What can the government do?
-A A +ASaturday, March 9, 2013
THE inevitable has happened. The Sulu sultan’s men are on the run, pursued relentlessly by Malaysian soldiers and policemen. It’s an uneven fight; the enemy not only enjoys numerical superiority, they have air cover from the military jets and helicopters that have earlier pounded the Sultan’s forces out of their positions.

The sultan’s spokesman said in Manila that their men had re-grouped but they are constantly moving, on foot. And they are hungry.
The Malaysian Prime Minister has made clear what he had in mind for them: “Lay down your arms or be eliminated.” As a Muslim himself, he knows the culture that requires a warrior to choose death over dishonor by surrender. He may have already sealed their fate.
In the meanwhile, the expected exodus of refugees to the Philippines has begun. Or maybe, we should call the movement, return because these are still Filipino citizens even if they have called Sabah home for the most part of their lives. Now, they have to flee back to the life they have avoided because their continued stay in their domicile of choice has become untenable.
The Malaysian government has ordered a crackdown, invoking a draconian law that makes it easy for them to invade the privacy of Filipino homes suspected of harboring the sultan’s men and to detain them on that basis alone. The United Nations has appealed to the Malaysian government for humane treatment of all those involved in or affected by the conflict. I certainly hope they would listen but I wouldn’t be surprised if they wouldn’t.
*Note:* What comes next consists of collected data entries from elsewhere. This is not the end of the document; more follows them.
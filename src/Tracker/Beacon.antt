-- ===== src/Tracker/Beacon.antt =====
-- The requests that a hit is sent as: `Ae` and what it adds to a query. The values that are kept as texts
-- are printed already; the script's encoding of a text is a parameter.
pub mod Numbers
mod Examples
use Prim.Native.String.{◌++◌ as str_append}
use demolition_app.Base.{
  ℕ, suc, ◌==◌, Bool, true, false, not, ◌&&◌, ◌||◌, if◌then◌else◌, String, str_eq, Option, none,
  some, List, [], ◌∷◌, ◌++◌,
}
use demolition_app.Tracker.Visit.{HitType, page, event, var, trans, social, feedback}
use demolition_app.Tracker.Request.{Query, Item, Order, Sender}

pub join : String → List String → String
join sep [] = ""
join sep (s ∷ []) = s
join sep (s ∷ t ∷ ts) = str_append s (str_append sep (join sep (t ∷ ts)))

-- `F`, for a text.
pub is_unset : String → Bool
is_unset s = str_eq s "" || str_eq s "-"

pub given : String → String → Query
given name value = if str_eq value "" then [] else (name, value) ∷ []

pub mark : String → Bool → Query
mark name b = if b then (name, "1") ∷ [] else []

-- `re`
pub count_hit : Bool → Sender → Sender
count_hit local s = if local || not (s.mode == 2) then record s { hits = suc s.hits } else s

-- The cookies that have a value, as `ff` writes them.
pub cookie_texts : List (String × String) → List String
cookie_texts [] = []
cookie_texts ((name, value) ∷ cs) =
    let rest = cookie_texts cs in
    if str_eq value "" then rest else str_append name (str_append "=" (str_append value ";")) ∷ rest

pub joined : String → String → List String → Query
unfolding join
joined name sep [] = []
joined name sep (s ∷ ss) = (name, join sep (s ∷ ss)) ∷ []

module _ (print : ℕ → String) (encode trim : String → String) where
  pub given_encoded : String → String → Query
  given_encoded name value = if str_eq value "" then [] else (name, encode value) ∷ []

  -- `se`
  pub version : Sender → Query
  unfolding is_unset
  version s =
      ("utmwv", "5.7.2")
        ∷ ("utms", print s.hits)
        ∷ ("utmn", s.random)
        ∷ (if is_unset s.host then [] else ("utmhn", encode s.host) ∷ [])
      ++ (if str_eq s.rate "100" then [] else ("utmsp", encode s.rate) ∷ [])

  -- `ff`
  pub cookies : Sender → Query
  unfolding join cookie_texts
  cookies s = ("utmcc", encode (join "+" (cookie_texts s.cookies))) ∷ []

  pub join_id : Option String → Query
  join_id none = []
  join_id (some id) = ("utmjid", encode id) ∷ []

  -- `te`
  pub tracking : Sender → Query
  unfolding given_encoded mark joined cookies join_id
  tracking s =
      ("utmht", s.time) ∷ ("utmac", trim s.account) ∷ given_encoded "utmxkey" s.experiment
      ++ mark "utmni" s.quiet
      ++ given_encoded "utmgtm" s.container
      ++ joined "utmdid" "." s.dev_ids
      ++ cookies s
      ++ mark "aip" s.anonymous
      ++ join_id s.join_id
      ++ (if str_eq s.redirect "0" then [] else ("utmredir", s.redirect) ∷ [])
      ++ mark "utmmt" s.several
      ++ ("utmu", s.flags) ∷ []

  -- `ue`
  pub groups : Sender → Query
  unfolding joined
  groups s = joined "utmpg" "," s.groups

  -- `ve`
  pub client : Sender → Query
  unfolding given
  client s =
      if s.tells_client
      then ("utmcs", encode s.client.charset)
          ∷ ("utmsr", s.client.screen)
          ∷ given "utmvp" s.client.viewport
        ++ ("utmsc", s.client.colors)
          ∷ ("utmul", s.client.language)
          ∷ ("utmje", s.client.java)
          ∷ ("utmfl", encode s.client.flash)
          ∷ []
      else []

  -- `we`
  pub document : Sender → Query
  document s =
      (if s.tells_title && not (str_eq s.title "") then ("utmdt", encode s.title) ∷ [] else [])
      ++ ("utmhid", s.page_id) ∷ ("utmr", encode s.referrer) ∷ ("utmp", encode s.path) ∷ []

  -- `xe`, with the text that the extension data is written as.
  pub extension : Option String → Query
  extension none = []
  extension (some x) = ("utme", encode x) ∷ []

  -- What all but the hits of a variable end with; only some of it where the request is local.
  pub ending : Bool → Sender → Query
  unfolding extension client document groups tracking
  ending local s =
      extension s.extension
      ++ client s
      ++ document s
      ++ (if local then [] else groups s ++ tracking s)

  -- What `ye` and `ze` end with, with the currency.
  pub ending_priced : Bool → Sender → Query
  unfolding extension client document groups tracking given_encoded
  ending_priced local s =
      extension s.extension
      ++ client s
      ++ document s
      ++ given_encoded "utmcu" s.currency
      ++ (if local then [] else groups s ++ tracking s)

  -- `ye`
  pub order_query : Bool → Order → Sender → Query
  unfolding version ending_priced
  order_query local o s =
      version s
      ++ ("utmt", "tran")
        ∷ ("utmtid", encode o.id)
        ∷ ("utmtst", encode o.affiliation)
        ∷ ("utmtto", encode o.total)
        ∷ ("utmttx", encode o.tax)
        ∷ ("utmtsp", encode o.shipping)
        ∷ ("utmtci", encode o.city)
        ∷ ("utmtrg", encode o.state)
        ∷ ("utmtco", encode o.country)
        ∷ ending_priced local s

  -- `ze`
  pub item_query : Bool → Item → Sender → Query
  unfolding version ending_priced
  item_query local i s =
      version s
      ++ ("utmt", "item")
        ∷ ("utmtid", encode i.trans_id)
        ∷ ("utmipc", encode i.sku)
        ∷ ("utmipn", encode i.name)
        ∷ ("utmiva", encode i.category)
        ∷ ("utmipr", encode i.price)
        ∷ ("utmiqt", encode i.quantity)
        ∷ ending_priced local s

  -- The queries of a hit and the sender after them.
  pub record Sent : Type 0 where
    pub queries : List Query
    pub sender : Sender

  pub one : Bool → (Sender → Query) → Sender → Sent
  unfolding count_hit
  one local query s = record {
    queries = query (count_hit local s) ∷ [];
    sender = count_hit local s;
  }

  pub then_send : Sent → Sent → Sent
  then_send a b = record { queries = a.queries ++ b.queries; sender = b.sender }

  pub send_items : Bool → List Item → Sender → Sent
  unfolding one item_query then_send
  send_items local [] s = record { queries = []; sender = s }
  send_items local (i ∷ is) s =
      let a = one local (item_query local i) s in then_send a (send_items local is a.sender)

  -- The orders, each with its items.
  pub send_orders : Bool → List Order → Sender → Sent
  unfolding one order_query then_send send_items
  send_orders local [] s = record { queries = []; sender = s }
  send_orders local (o ∷ os) s =
      let a = one local (order_query local o) s in
      let b = send_items local o.items a.sender in
      then_send a (then_send b (send_orders local os b.sender))

  -- The query of a hit that is neither of orders, nor social, nor feedback.
  pub plain_query : HitType → Bool → Sender → Query
  unfolding version ending tracking
  plain_query event local s = version s ++ ("utmt", "event") ∷ ending local s
  plain_query var local s = version s ++ ("utmt", "var") ∷ (if local then [] else tracking s)
  plain_query social local s =
      version s
      ++ ("utmt", "social")
        ∷ ("utmsn", encode s.network)
        ∷ ("utmsa", encode s.deed)
        ∷ ("utmsid", encode s.target)
        ∷ ending local s
  plain_query feedback local s =
      version s
      ++ ("utmt", "feedback")
        ∷ ("utmfbid", encode s.feedback_id)
        ∷ ("utmfbpr", encode s.feedback_text)
        ∷ ending local s
  plain_query page local s = version s ++ ending local s
  plain_query trans local s = version s ++ ending local s

  pub unless_local : Bool → Sent → Sender → Sent
  unless_local true a s = record { queries = []; sender = s }
  unless_local false a s = a

  -- `Ae`; the first argument is whether the request goes to the server of the page.
  pub requests : Bool → HitType → Sender → Sent
  unfolding send_orders one plain_query unless_local
  requests local trans s = send_orders local s.orders s
  requests local social s = unless_local local (one local (plain_query social local) s) s
  requests local feedback s = unless_local local (one local (plain_query feedback local) s) s
  requests local page s = one local (plain_query page local) s
  requests local event s = one local (plain_query event local) s
  requests local var s = one local (plain_query var local) s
In fact, in what could be a clear indication of their hard-line policy towards the invasion, Malaysia has ignored the declaration by Sultan Jamalul Kiram III of, first, a unilateral ceasefire and, then, a cessation of hostilities. Not being schooled in international law, I do not know the distinction between the two terms but it doesn’t matter for purposes of this discussion, since the Malaysians have not positively responded to either.
The question now is where/whom those affected by the conflict can turn to. For example, who will provide food, shelter, social services and employment to the evacuees? Certainly not the grandstanding politicians who tried to squeeze every inch of publicity from the Sabah issue. The government will have to step in, the same government that tried to stop the situation from getting out of hand, after they learned of the movement of the Sultan’s “troops” to Sabah, and got crucified in the process.
As for the Sultan’s warriors, they may have to fend for themselves with the help of sympathetic compatriots. There is not much that the government can do, according to Department of Foreign Affairs spokesman Raul Hernandez, except to appeal to them to lay down their arms.
“That is what we’ve been trying to ask them to do from the beginning so that further bloodshed could be avoided,” Hernandez told reporters in Manila, according to the Daily Inquirer. Echoing the Malaysian line will not make Hernandez the most popular man among the Sultan’s followers but what can he do under the circumstances? What can the government do?
***
I have always wondered how his nickname was spelled but never got the chance to ask him. Now, I will have to get the answer from other sources whether it was “Derrie”, or “Derry” or “Dearie” that Judge Fortunato de Gracia was called. A heart ailment sealed his lips last week though, as always, he had the last say. He was smiling. Even in death, he was irrepressible.
I would not be surprised if, when the Lord banged the gavel on him, he gave Him his best salute. Today, my dear friend, as you return to ashes, I give you mine.
Published in the Sun.Star Cebu newspaper on March 10, 2013.